Hi i have a simple dataframe consisting of the employee, and how much they have to hit for their sales. The column, dailytarget.

df = pd.DataFrame({'EmployeeNo':[11111,11112,11113,11115,11116,11128],
                   'OutletName':['Outlet1', 'Outlet2', 'Outlet3','Outlet4', 'Outlet5','Outlet6'],
                   'EmployeeName':['John','Tom','Bob','Sam', 'Sean', 'Zac'],
                   'TargetAmount':[1000,500,400,500,300,800]})
df

So i would need to add the daterange 2020 to 2023, then for each date, append the dataframe.
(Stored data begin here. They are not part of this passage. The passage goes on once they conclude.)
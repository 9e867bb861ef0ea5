-- ===== src/Negotiator/Agreement.antt =====
-- Both sides agree on the streams.
use mathlib.Core.List.{Memᴰ}
use cast_mirror.Prelude.{
  ℕ, ◌*◌, Bool, true, false, ◌&&◌, not, ◌==◌, if◌then◌else◌, if_branches, ◌≡◌, ◌⊎◌, inl, inr, refl,
  ap, List, [], ◌∷◌, All, some, length, arith,
}
use cast_mirror.Prelude.Int.{ℤ, pos}
use cast_mirror.Stream.{StreamStats}
use cast_mirror.Negotiator.{
  bytes_to_hex, StreamEncryptionKeys, generate_random_keys, VideoCodec, OfferedStream, audio_stream,
  video_stream, create_offer, AnswerMessage, value, NegotiatedStreamParams, NegotiatedSessionParams,
  is_zero, accept, accept_all, parse_answer,
}

-- An answer with every field.
abbrev pub answer_of : ℕ → List ℤ → List ℕ → AnswerMessage
answer_of port indexes ssrcs = record {
  is_answer = true;
  is_error = false;
  answer =
      some (record { udp_port = value port; send_indexes = value indexes; ssrcs = value ssrcs });
}

length-bytes_to_hex : (bytes : List ℕ) → length (bytes_to_hex bytes) ≡ 2 * length bytes
unfolding bytes_to_hex
length-bytes_to_hex [] = refl
length-bytes_to_hex (b ∷ bytes) = omega (arith, length-bytes_to_hex bytes)

-- The keys of a session: audio has none where it is off.
unfoldable pub session_keys : Bool → List ℕ → List ℕ → StreamEncryptionKeys
session_keys true key mask = generate_random_keys key mask
session_keys false key mask = record {
  aes_key = key;
  aes_iv_mask = mask;
  aes_key_hex = [];
  aes_iv_mask_hex = [];
}

audio_keys_size :
    (include_audio : Bool) (key mask : List ℕ)
    → length key ≡ 16
    → (length (session_keys include_audio key mask).aes_key_hex == 32) ≡ include_audio
unfolding session_keys generate_random_keys
audio_keys_size true key mask h = ground (arith, h, length-bytes_to_hex key)
audio_keys_size false key mask h = refl

-- What is taken is what was offered: index, SSRC, payload type, key and mask.
abbrev pub Agrees : NegotiatedStreamParams → OfferedStream → Type 0
Agrees p s =
    (p.stream_index ≡ pos s.index)
    × (p.sender_ssrc ≡ s.ssrc)
    × (p.rtp_payload_type ≡ s.rtp_payload_type)
    × (p.keys.aes_key_hex ≡ s.aes_key)
    × (p.keys.aes_iv_mask_hex ≡ s.aes_iv_mask)

-- The index of the video stream, behind that of the audio stream where there is one.
abbrev pub video_index : Bool → ℕ
video_index include_audio = if include_audio then 1 else 0

abbrev pub IsOffered : Bool → ℤ → Type 0
IsOffered include_audio idx =
    (idx ≡ pos (video_index include_audio)) ⊎ ((include_audio ≡ true) × (idx ≡ pos 0))

audio_included :
    (idx : ℤ) (include_audio sized : Bool)
    → sized ≡ include_audio
    → (is_zero idx && sized) ≡ true
    → include_audio ≡ true
audio_included idx include_audio sized same e = ground arith

video_taken :
    (idx : ℤ) (include_audio sized : Bool)
    → sized ≡ include_audio
    → IsOffered include_audio idx
    → (is_zero idx && sized) ≡ false
    → idx ≡ pos (video_index include_audio)
video_taken idx include_audio sized same (inl e) h = e
video_taken idx include_audio sized same (inr (on, is_first)) h =
    let first : is_zero idx ≡ true = ap is_zero is_first in ground arith

video_listed :
    (include_audio : Bool) (audio : OfferedStream) (video : ℕ → OfferedStream)
    → Memᴰ
        (video (video_index include_audio))
        (if include_audio then audio ∷ video 1 ∷ [] else video 0 ∷ [])
video_listed true audio video = Memᴰ.tail (Memᴰ.head refl)
video_listed false audio video = Memᴰ.head refl

audio_listed :
    (include_audio : Bool) (audio : OfferedStream) (video : ℕ → OfferedStream)
    → include_audio ≡ true
    → Memᴰ audio (if include_audio then audio ∷ video 1 ∷ [] else video 0 ∷ [])
audio_listed true audio video e = Memᴰ.head refl
audio_listed false audio video e = absurd (cc)

-- What was set in the loop stays set, and the index of a stream sets its flag.
accept_all_keeps :
    (video_keys audio_keys : StreamEncryptionKeys) (out : NegotiatedSessionParams)
    (indexes : List ℤ) (ssrcs : List ℕ)
    → (out.has_video ≡ true → (accept_all video_keys audio_keys out indexes ssrcs).has_video ≡ true)
      × (out.has_audio ≡ true
          → (accept_all video_keys audio_keys out indexes ssrcs).has_audio ≡ true)
unfolding accept_all accept
accept_all_keeps video_keys audio_keys out [] ssrcs = ((λ e. e), (λ e. e))
accept_all_keeps video_keys audio_keys out (idx ∷ indexes) [] = ((λ e. e), (λ e. e))
accept_all_keeps video_keys audio_keys out (idx ∷ indexes) (r_ssrc ∷ ssrcs) =
    let next = accept video_keys audio_keys out idx r_ssrc in
    let (v, a) = accept_all_keeps video_keys audio_keys next indexes ssrcs in
    ((λ e. v (ground arith)), (λ e. a (ground arith)))

accepts_video :
    (include_audio : Bool) (video_keys audio_keys : StreamEncryptionKeys)
    (out : NegotiatedSessionParams) (idx : ℤ) (r_ssrc : ℕ)
    → (length audio_keys.aes_key_hex == 32) ≡ include_audio
    → pos (video_index include_audio) ≡ idx
    → (accept video_keys audio_keys out idx r_ssrc).has_video ≡ true
unfolding accept
accepts_video true vk ak out idx r size e = rw (← e) refl
accepts_video false vk ak out idx r size e = rw (← e, size) refl

accepts_audio :
    (include_audio : Bool) (video_keys audio_keys : StreamEncryptionKeys)
    (out : NegotiatedSessionParams) (idx : ℤ) (r_ssrc : ℕ)
    → (length audio_keys.aes_key_hex == 32) ≡ include_audio
    → include_audio ≡ true
    → pos 0 ≡ idx
    → (accept video_keys audio_keys out idx r_ssrc).has_audio ≡ true
unfolding accept
accepts_audio b vk ak out idx r size on e = rw (← e, size, on) refl

has_video_taken :
    (include_audio : Bool) (video_keys audio_keys : StreamEncryptionKeys)
    (out : NegotiatedSessionParams) (indexes : List ℤ) (ssrcs : List ℕ)
    → (length audio_keys.aes_key_hex == 32) ≡ include_audio
    → length indexes ≡ length ssrcs
    → Memᴰ (pos (video_index include_audio)) indexes
    → (accept_all video_keys audio_keys out indexes ssrcs).has_video ≡ true
unfolding accept_all
has_video_taken b vk ak out [] ssrcs size same m = elim m [ ]
has_video_taken b vk ak out (idx ∷ indexes) [] size same m = absurd (omega (arith, same))
has_video_taken b vk ak out (idx ∷ indexes) (r ∷ ssrcs) size same (Memᴰ.head e) =
    (accept_all_keeps vk ak (accept vk ak out idx r) indexes ssrcs).0
      (accepts_video b vk ak out idx r size e)
has_video_taken b vk ak out (idx ∷ indexes) (r ∷ ssrcs) size same (Memᴰ.tail m) =
    has_video_taken b vk ak (accept vk ak out idx r) indexes ssrcs size (omega (arith, same)) m

has_audio_taken :
    (include_audio : Bool) (video_keys audio_keys : StreamEncryptionKeys)
    (out : NegotiatedSessionParams) (indexes : List ℤ) (ssrcs : List ℕ)
    → (length audio_keys.aes_key_hex == 32) ≡ include_audio
    → length indexes ≡ length ssrcs
    → include_audio ≡ true
    → Memᴰ (pos 0) indexes
    → (accept_all video_keys audio_keys out indexes ssrcs).has_audio ≡ true
unfolding accept_all
has_audio_taken b vk ak out [] ssrcs size same on m = elim m [ ]
has_audio_taken b vk ak out (idx ∷ indexes) [] size same on m = absurd (omega (arith, same))
has_audio_taken b vk ak out (idx ∷ indexes) (r ∷ ssrcs) size same on (Memᴰ.head e) =
    (accept_all_keeps vk ak (accept vk ak out idx r) indexes ssrcs).1
      (accepts_audio b vk ak out idx r size on e)
has_audio_taken b vk ak out (idx ∷ indexes) (r ∷ ssrcs) size same on (Memᴰ.tail m) =
    has_audio_taken b vk ak (accept vk ak out idx r) indexes ssrcs size (omega (arith, same)) on m

module _ (to_string : ℕ → List ℕ) (settings : StreamStats) (include_audio : Bool)
    (video_keys : StreamEncryptionKeys) (audio_key audio_mask : List ℕ) (codec : VideoCodec)
    (target_delay_ms audio_bitrate_bps : ℤ) (old : NegotiatedSessionParams) where
  abbrev audio_keys : StreamEncryptionKeys
  audio_keys = session_keys include_audio audio_key audio_mask

  abbrev Agreed : NegotiatedSessionParams → Type 0
  Agreed out =
      (out.has_audio ≡ true
        → (include_audio ≡ true)
          × Agrees out.audio_stream (audio_stream audio_keys target_delay_ms audio_bitrate_bps))
      × (out.has_video ≡ true
          → Agrees out.video_stream (
              video_stream to_string (video_index include_audio) settings video_keys codec
                target_delay_ms))
      × (out.has_audio ≡ false → out.audio_stream ≡ old.audio_stream)
      × (out.has_video ≡ false → out.video_stream ≡ old.video_stream)

  accept-Agreed :
      (out : NegotiatedSessionParams) (idx : ℤ) (r_ssrc : ℕ)
      → length audio_key ≡ 16
      → IsOffered include_audio idx
      → Agreed out
      → Agreed (accept video_keys audio_keys out idx r_ssrc)
  unfolding accept audio_stream video_stream
  accept-Agreed out idx r_ssrc h offered (a, v, ka, kv) =
      let size = audio_keys_size include_audio audio_key audio_mask h in
      if_branches Agreed _ _ _
        (λ e. (
          λ given. (audio_included idx include_audio _ size e, (refl, refl, refl, refl, refl)),
          v,
          (λ missing. absurd (cc)),
          kv,
        ))
        (λ e. (
          a,
          (λ given. (video_taken idx include_audio _ size offered e, refl, refl, refl, refl)),
          ka,
          (λ missing. absurd (cc)),
        ))

  accept_all-Agreed :
      (out : NegotiatedSessionParams) (indexes : List ℤ) (ssrcs : List ℕ)
      → length audio_key ≡ 16
      → All (IsOffered include_audio) indexes
      → Agreed out
      → Agreed (accept_all video_keys audio_keys out indexes ssrcs)
  unfolding accept_all
  accept_all-Agreed out [] ssrcs h offered agreed = agreed
  accept_all-Agreed out (idx ∷ indexes) [] h offered agreed = agreed
  accept_all-Agreed out (idx ∷ indexes) (r_ssrc ∷ ssrcs) h offered agreed =
      accept_all-Agreed (accept video_keys audio_keys out idx r_ssrc) indexes ssrcs h offered.1
        (accept-Agreed out idx r_ssrc h offered.0 agreed)

  -- An answer that takes streams by the indexes of an offer, with as many SSRCs, is accepted. The flag of video is set
  -- if the answer takes the index of the video stream, that of audio if it takes index 0 of an offer with audio; where
  -- a flag is set, the parameters agree with a stream of the offer: index, SSRC, payload type, key and mask; where it
  -- is not, they stay as they were. The keys for audio are empty texts where audio is off, and made of 16 bytes where
  -- it is on.
  pub answer_taken :
      (seq_num : ℤ) (port : ℕ) (indexes : List ℤ) (ssrcs : List ℕ)
      → length audio_key ≡ 16
      → All (IsOffered include_audio) indexes
      → length indexes ≡ length ssrcs
      → let streams =
          (create_offer to_string seq_num settings include_audio video_keys
            (session_keys include_audio audio_key audio_mask)
            codec
            target_delay_ms
            audio_bitrate_bps).supported_streams in
        (params : NegotiatedSessionParams) × (parse_answer
            (answer_of port indexes ssrcs)
            video_keys
            (session_keys include_audio audio_key audio_mask)
            old
          ≡ some params)
        × (params.has_audio ≡ true
            → (s : OfferedStream) × Memᴰ s streams × Agrees params.audio_stream s)
        × (params.has_video ≡ true
            → (s : OfferedStream) × Memᴰ s streams × Agrees params.video_stream s)
        × (params.has_audio ≡ false → params.audio_stream ≡ old.audio_stream)
        × (params.has_video ≡ false → params.video_stream ≡ old.video_stream)
        × (Memᴰ (pos (video_index include_audio)) indexes → params.has_video ≡ true)
        × (include_audio ≡ true → Memᴰ (pos 0) indexes → params.has_audio ≡ true)
  unfolding parse_answer create_offer
  answer_taken seq_num port indexes ssrcs h offered same =
      let first = record old { receiver_udp_port = port; has_audio = false; has_video = false } in
      let test : (not (length indexes == length ssrcs)) ≡ false = ground (arith, same) in
      let (a, v, ka, kv) =
        accept_all-Agreed first indexes ssrcs h offered
          ((λ e. absurd (cc)), (λ e. absurd (cc)), (λ _. refl), (λ _. refl)) in
      let size = audio_keys_size include_audio audio_key audio_mask h in
      let audio = audio_stream audio_keys target_delay_ms audio_bitrate_bps in
      let video =
        λ (index : ℕ). video_stream to_string index settings video_keys codec target_delay_ms in
      (
        accept_all video_keys audio_keys first indexes ssrcs,
        rw (test) refl,
        (λ given. (audio, audio_listed include_audio audio video (a given).0, (a given).1)),
        (λ given.
            (video (video_index include_audio), video_listed include_audio audio video, v given)),
        ka,
        kv,
        (λ m. has_video_taken include_audio video_keys audio_keys first indexes ssrcs size same m),
        (λ on m.
            has_audio_taken include_audio video_keys audio_keys first indexes ssrcs size same on m),
      )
For example,

(2020-01-01,11111,outlet1,Tom,$1,000)
(2020-01-02,11111,outlet1,Tom,$1,000)
(2020-01-03,11111,outlet1,Tom,$1,000)
(2020-01-04,11111,outlet1,Tom,$1,000)
.....
(2023-12-31,11111,outlet1,Tom,$1,000)
****Then move on to the next employee****
(2020-01-01,11112,outlet2,John,$500)
(2020-01-02,11112,outlet2,John,$500)
(2020-01-03,11112,outlet2,John,$500)
...
(2023-12-31,11112,outlet2,John,$500)

and so on for all employees. How do i do this?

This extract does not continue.